Genes involved in the regulation of fatty acid and cholesterol biosynthetic pathways. Microarray data show no significant change in SREBP-1 and -2 gene expression with IGF-1 treatment (Fig. 3A). However, when cycloheximide was added in conjunction with IGF-1 (IGF-1+CHX) to block nascent protein synthesis, both genes were activated to low and comparable extents, suggesting a similar pattern of regulation via 'derepression' (Fig. 3B). This level of 'derepression' was not seen with CHX treatment alone (data not shown). Insig2, Scap, S1p and S2p, are genes associated with SREBP-mediated lipogenesis, of these only Insig2 expression is moderately (1.6-fold) up-regulated (Fig 3C).

Figure 4

Qantitative-PCR based assay for selective fatty acid, cholesterol biosynthetic pathway and regulatory genes following IGF-1 treatment. The relative abundance of mRNA as compared to untreated control samples was assayed by q-PCR and plotted on a histogram for 6 genes involved in the cholesterol biosynthetic pathway, namely for HMG CoA synthase 1 (Hmgcs1), HMG CoA reductase (Hmgcr), (Mevalonate kinase (Mk/Mvk1), Cytochrome P450 51 (Cyp51), Lanosterol synthetase (Lss), and Dehydrocholestrol reductase (7Dhcr) (Fig. 4 A–F); 2 genes involved in fatty acid biosynthesis, namely Fatty Acid synthase (Fas) and stearoyl-Coenzyme A desaturase 1 (Scd1)(Fig. 4G and 4H); and 3 regulatory genes involved in fatty acid and cholesterol biosynthesis, namely SREBP-1 and -2, and Sterol Cleavage Activator Protein (SCAP) (Fig. 4J, 4K and 4L).
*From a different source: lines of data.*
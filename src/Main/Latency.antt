-- ===== src/Main/Latency.antt =====
-- src/main.rs: `percentile` and `udp_rtt_client`. What the socket gives for each request is an argument:
-- the time that passed, and the datagram; the sends are taken to succeed. Numbers of the type `usize` have 64 bits.
use meshlet.Common.{
  ℕ, zero, suc, ◌+◌, ◌-◌, ◌*◌, ◌/◌, Bool, true, false, not, Option, none, some, List, [], ◌∷◌, ltb,
  leb, eqb, if◌then◌else◌, Bytes, length, get_elem?, take, ◌==◌, nat_eq, list_eq, pair_eq, Duration,
  to_be_bytes,
}
use meshlet.Common.Outcome.{
  Outcome, done, ◌>>=◌, ◌>>◌, panic, expect, require, zero_samples, no_samples, percentile_range,
  index_range, sample_count, no_echo, echo_size, echo_mismatch,
}
use meshlet.Text.Decimal.{max_u64}

abbrev pub rtt_warmup_samples : ℕ
rtt_warmup_samples = 100

abbrev pub at_most : ℕ → ℕ → ℕ
at_most max n = if leb n max then n else max

abbrev pub is_empty {ℓ} : {A : Type ℓ} → List A → Bool
is_empty [] = true
is_empty (x ∷ xs) = false

-- `usize::saturating_mul` and `div_ceil`
abbrev pub nearest_rank : ℕ → ℕ → ℕ
nearest_rank len percent = (at_most max_u64 (len * percent) + 99) / 100

-- `sorted[i]`
abbrev pub index {ℓ} : {A : Type ℓ} → List A → ℕ → Outcome A
index xs i = expect (get_elem? xs i) index_range

unfoldable pub percentile : List Duration → ℕ → Outcome Duration
percentile sorted percent = do
  require (not (is_empty sorted)) no_samples
  require (leb percent 100) percentile_range
  index sorted (nearest_rank (length sorted) percent - 1)

-- `sort_unstable`: equal durations cannot be told apart.
unfoldable pub insert_sorted : Duration → List Duration → List Duration
insert_sorted x [] = x ∷ []
insert_sorted x (y ∷ ys) = let rest = insert_sorted x ys in if leb x y then x ∷ y ∷ ys else y ∷ rest

unfoldable pub sort : List Duration → List Duration
unfolding insert_sorted
sort [] = []
sort (x ∷ xs) = insert_sorted x (sort xs)

-- One answer: the elapsed time, and the datagram before it is cut to the buffer of 8 bytes.
abbrev pub Answer : Type 0
Answer = Duration × Bytes

-- The loop, for as many requests as are left and from a sequence number on: the latencies that it
-- keeps. A missing answer is the panic on the timeout.
unfoldable pub measure : ℕ → ℕ → List Answer → Outcome (List Duration)
measure zero sequence answers = done []
measure (suc left) sequence [] = panic no_echo
measure (suc left) sequence ((elapsed, datagram) ∷ answers) = do
  let request = to_be_bytes 8 sequence
  let response = take 8 datagram
  require (eqb (length response) (length request)) echo_size
  require (response == request) echo_mismatch
  latencies ← measure left (suc sequence) answers
  done (if leb rtt_warmup_samples sequence then elapsed ∷ latencies else latencies)

pub record Summary : Type 0 where
  pub min : Duration
  pub p50 : Duration
  pub p99 : Duration
  pub max : Duration

-- The four lines that are printed.
unfoldable pub summarize : List Duration → Outcome Summary
unfolding percentile
summarize latencies = do
  min ← index latencies 0
  p50 ← percentile latencies 50
  p99 ← percentile latencies 99
  max ← index latencies (length latencies - 1)
  done (record { min = min; p50 = p50; p99 = p99; max = max })

-- `RTT_WARMUP_SAMPLES.checked_add(samples)`
abbrev pub total_samples : ℕ → Option ℕ
total_samples samples =
    if leb (rtt_warmup_samples + samples) max_u64 then some (rtt_warmup_samples + samples) else none

unfoldable pub udp_rtt_client : ℕ → List Answer → Outcome Summary
unfolding measure sort summarize
udp_rtt_client samples answers = do
  require (ltb 0 samples) zero_samples
  total ← expect (total_samples samples) sample_count
  latencies ← measure total 0 answers
  summarize (sort latencies)
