-- ===== src/Main/Ranks.antt =====
-- src/main.rs: what `percentile` selects, and what `udp_rtt_client` reports.
use meshlet.Common.{
  ℕ, zero, suc, ◌+◌, ◌-◌, ◌*◌, ◌/◌, ◌≤◌, ◌<◌, ◌≡◌, refl, some, List, [], ◌∷◌, arith, ltb, leb,
  if◌then◌else◌, length, get_elem?, All, nat_eq, list_eq, pair_eq, Duration,
}
use meshlet.Common.Outcome.{done}
use meshlet.Main.Latency.{nearest_rank, index, percentile}
use meshlet.Text.Decimal.{max_u64}

abbrev pub IsSorted : List Duration → Type 0
IsSorted [] = Unit
IsSorted (x ∷ xs) = All (λ y. x ≤ y) xs × IsSorted xs

-- How many samples are at most `x`, and how many are below it.
abbrev pub count_le : Duration → List Duration → ℕ
count_le x [] = 0
count_le x (y ∷ ys) = (if leb y x then 1 else 0) + count_le x ys

abbrev pub count_lt : Duration → List Duration → ℕ
count_lt x [] = 0
count_lt x (y ∷ ys) = (if ltb y x then 1 else 0) + count_lt x ys

-- The sample that would stand at this place, were they sorted.
abbrev pub IsPlaced : ℕ → Duration → List Duration → Type 0
IsPlaced i x xs = (i < count_le x xs) × (count_lt x xs ≤ i)

count_lt_none : (x : Duration) (ys : List Duration) → All (λ y. x ≤ y) ys → count_lt x ys ≡ 0
count_lt_none x [] h = refl
count_lt_none x (y ∷ ys) h = ground (arith, count_lt_none x ys h.1)

get_elem-All :
    (P : Duration → Type 0) (xs : List Duration) (i x : ℕ)
    → All P xs
    → get_elem? xs i ≡ some x
    → P x
get_elem-All P [] i x h e = cc
get_elem-All P (y ∷ ys) zero x h e = ground (arith, h, e)
get_elem-All P (y ∷ ys) (suc i) x h e = get_elem-All P ys i x h.1 e

-- The sample at a place of the sorted list: enough are at most as large, and not too many smaller.
pub at_place :
    (xs : List Duration) (i x : ℕ) → IsSorted xs → get_elem? xs i ≡ some x → IsPlaced i x xs
at_place [] i x s e = cc
at_place (y ∷ ys) zero x s e = ground (arith, count_lt_none y ys s.0)
at_place (y ∷ ys) (suc i) x s e =
    ground (arith, at_place ys i x s.1 e, get_elem-All (λ z. y ≤ z) ys i x s.0 e)

get_elem-some :
    {A : Type 0} (xs : List A) (i : ℕ) → i < length xs → (x : A) × (get_elem? xs i ≡ some x)
get_elem-some [] i h = absurd (omega arith)
get_elem-some (x ∷ xs) zero h = (x, refl)
get_elem-some (x ∷ xs) (suc i) h = get_elem-some xs i (omega arith)

pub index-done :
    {A : Type 0} (xs : List A) (i : ℕ)
    → i < length xs
    → (x : A) × (index xs i ≡ done x) × (get_elem? xs i ≡ some x)
index-done xs i h = let (x, e) = get_elem-some xs i h in (x, rw e refl, e)

pub percentile-index :
    (xs : List Duration) (p : ℕ)
    → 0 < length xs
    → p ≤ 100
    → percentile xs p ≡ index xs (nearest_rank (length xs) p - 1)
unfolding percentile
percentile-index [] p h k = absurd (omega arith)
percentile-index (x ∷ xs) p h k = ground (arith, h, k)

scaled : (n p : ℕ) → p ≤ 100 → n * p ≤ n * 100
scaled n p h = grind arith

pub rank_inside : (n p : ℕ) → 0 < n → p ≤ 100 → nearest_rank n p - 1 < n
rank_inside n p h k = ground (arith, scaled n p k)

pub rank_exact : (n p : ℕ) → p ≤ 100 → n * 100 ≤ max_u64 → nearest_rank n p ≡ (n * p + 99) / 100
rank_exact n p h k = ground (arith, scaled n p h)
The beta-Actin mRNA was assayed here as a control (Fig. 4I). In addition, 6 other genes unrelated to the fatty acid or cholesterol pathways were assayed; namely Chac1, Klf10, Ier2, Socs3, Shh and Dusp1 (Fig. 4 M-R, respectively) and the data show that the expression profile for all of these genes is similar to patterns obtained from our microarray experiments. The pattern obtained is in general agreement with the Affymetrix GeneChip data for these genes, with the exception of SREBP-1 where no change was detected with the microarray study. The extent of induction obtained with q-PCR, however, is greater than the microarray hybridization signals, probably due to the greater dynamic range observed with PCR amplification.